§ **Given records**
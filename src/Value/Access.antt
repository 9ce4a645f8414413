-- ===== src/Value/Access.antt =====
-- rct/Value.h and rct/Value.cpp: what is in a value, and the formats of values. `none` is a failed
-- assertion or an access outside of a list, or through a null pointer.
use rct.Prelude.{
  ℕ, zero, suc, ◌%◌, Bool, true, false, List, [], ◌∷◌, Option, none, some, and_then, if◌then◌else◌,
}
use rct.Serializer.{u32_mod}
use rct.String.Order.{less}
use rct.Value.{Kind, Value, Values, Entries, set_entry}
use rct.Value.{
  invalid, undefined, boolean, integer, double, string, custom, map, list, date, nil, cons, end,
  entry,
}
use rct.Value.Wire.{count_values, count_entries}

unfoldable pub value_at : ℕ → Values → Option Value
value_at i nil = none
value_at zero (cons v vs) = some v
value_at (suc i) (cons v vs) = value_at i vs

unfoldable pub set_value : ℕ → Value → Values → Option Values
set_value i w nil = none
set_value zero w (cons v vs) = some (cons w vs)
set_value (suc i) w (cons v vs) = and_then (set_value i w vs) (λ ws. some (cons v ws))

unfoldable pub append_value : Values → Value → Values
append_value nil w = cons w nil
append_value (cons v vs) w = cons v (append_value vs w)

-- `find` in the order of the keys.
unfoldable pub find_entry : List ℕ → Entries → Option Value
find_entry key end = none
find_entry key (entry k v es) =
    let rest = find_entry key es in if less k key then rest else if less key k then none else some v

unfoldable pub or_default : Value → Option Value → Value
or_default d none = d
or_default d (some v) = v

-- `clear` and the move constructor, which returns the new value and what is left of the old one.
unfoldable pub clear : Value → Value
clear v = invalid

unfoldable pub moved : Value → Value × Value
moved v = (v, invalid)

-- `count`, an `int`.
unfoldable pub count : Value → ℕ
count (map es) = count_entries es % u32_mod
count (list vs) = count_values vs % u32_mod
count v = 0

-- `value(int, default)`, `value(key, default)`
unfoldable pub value_or : ℕ → Value → Value → Value
value_or i d (list vs) = or_default d (value_at i vs)
value_or i d v = d

unfoldable pub member_or : List ℕ → Value → Value → Value
member_or key d (map es) = or_default d (find_entry key es)
member_or key d v = d

unfoldable pub contains : List ℕ → Value → Option Bool
contains key invalid = some false
contains key (map es) = elim (find_entry key es) [ none ↦ some false | some v ↦ some true ]
contains key v = none

-- `at` and `operator[]` of a constant value.
unfoldable pub at : ℕ → Value → Option Value
at i (list vs) = value_at i vs
at i v = none

unfoldable pub member_at : List ℕ → Value → Option Value
member_at key (map es) = find_entry key es
member_at key v = none

-- `v[i] = w`; a list that was just made has no element.
unfoldable pub assign_at : ℕ → Value → Value → Option Value
assign_at i w (list vs) = and_then (set_value i w vs) (λ ws. some (list ws))
assign_at i w v = none

-- `v[key] = w`
unfoldable pub assign_member : List ℕ → Value → Value → Option Value
assign_member key w invalid = some (map (set_entry key w end))
assign_member key w (map es) = some (map (set_entry key w es))
assign_member key w v = none

unfoldable pub push_back : Value → Value → Option Value
push_back w invalid = some (list (cons w nil))
push_back w (list vs) = some (list (append_value vs w))
push_back w v = none

-- `arrayReserve` changes no element.
unfoldable pub array_reserve : Value → Option Value
array_reserve invalid = some (list nil)
array_reserve (list vs) = some (list vs)
array_reserve v = none

-- `typeToString`
unfoldable pub type_to_string : Kind → List ℕ
-- "invalid"
type_to_string invalid = 105 ∷ 110 ∷ 118 ∷ 97 ∷ 108 ∷ 105 ∷ 100 ∷ []
-- "undefined"
type_to_string undefined = 117 ∷ 110 ∷ 100 ∷ 101 ∷ 102 ∷ 105 ∷ 110 ∷ 101 ∷ 100 ∷ []
-- "boolean"
type_to_string boolean = 98 ∷ 111 ∷ 111 ∷ 108 ∷ 101 ∷ 97 ∷ 110 ∷ []
-- "integer"
type_to_string integer = 105 ∷ 110 ∷ 116 ∷ 101 ∷ 103 ∷ 101 ∷ 114 ∷ []
-- "double"
type_to_string double = 100 ∷ 111 ∷ 117 ∷ 98 ∷ 108 ∷ 101 ∷ []
-- "date"
type_to_string date = 100 ∷ 97 ∷ 116 ∷ 101 ∷ []
-- "string"
type_to_string string = 115 ∷ 116 ∷ 114 ∷ 105 ∷ 110 ∷ 103 ∷ []
-- "custom"
type_to_string custom = 99 ∷ 117 ∷ 115 ∷ 116 ∷ 111 ∷ 109 ∷ []
-- "list"
type_to_string map = 108 ∷ 105 ∷ 115 ∷ 116 ∷ []
-- "map"
type_to_string list = 109 ∷ 97 ∷ 112 ∷ []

§ **To do**
Only the lines above from the one with "-- assertion or" through the one with "find_entry key (entry" should be duplicated, character for character.

§ **Result of this exercise**
-- assertion or an access outside of a list, or through a null pointer.
use rct.Prelude.{
  ℕ, zero, suc, ◌%◌, Bool, true, false, List, [], ◌∷◌, Option, none, some, and_then, if◌then◌else◌,
}
use rct.Serializer.{u32_mod}
use rct.String.Order.{less}
use rct.Value.{Kind, Value, Values, Entries, set_entry}
use rct.Value.{
  invalid, undefined, boolean, integer, double, string, custom, map, list, date, nil, cons, end,
  entry,
}
use rct.Value.Wire.{count_values, count_entries}

unfoldable pub value_at : ℕ → Values → Option Value
value_at i nil = none
value_at zero (cons v vs) = some v
value_at (suc i) (cons v vs) = value_at i vs

unfoldable pub set_value : ℕ → Value → Values → Option Values
set_value i w nil = none
set_value zero w (cons v vs) = some (cons w vs)
set_value (suc i) w (cons v vs) = and_then (set_value i w vs) (λ ws. some (cons v ws))

unfoldable pub append_value : Values → Value → Values
append_value nil w = cons w nil
append_value (cons v vs) w = cons v (append_value vs w)

-- `find` in the order of the keys.
unfoldable pub find_entry : List ℕ → Entries → Option Value
find_entry key end = none
find_entry key (entry k v es) =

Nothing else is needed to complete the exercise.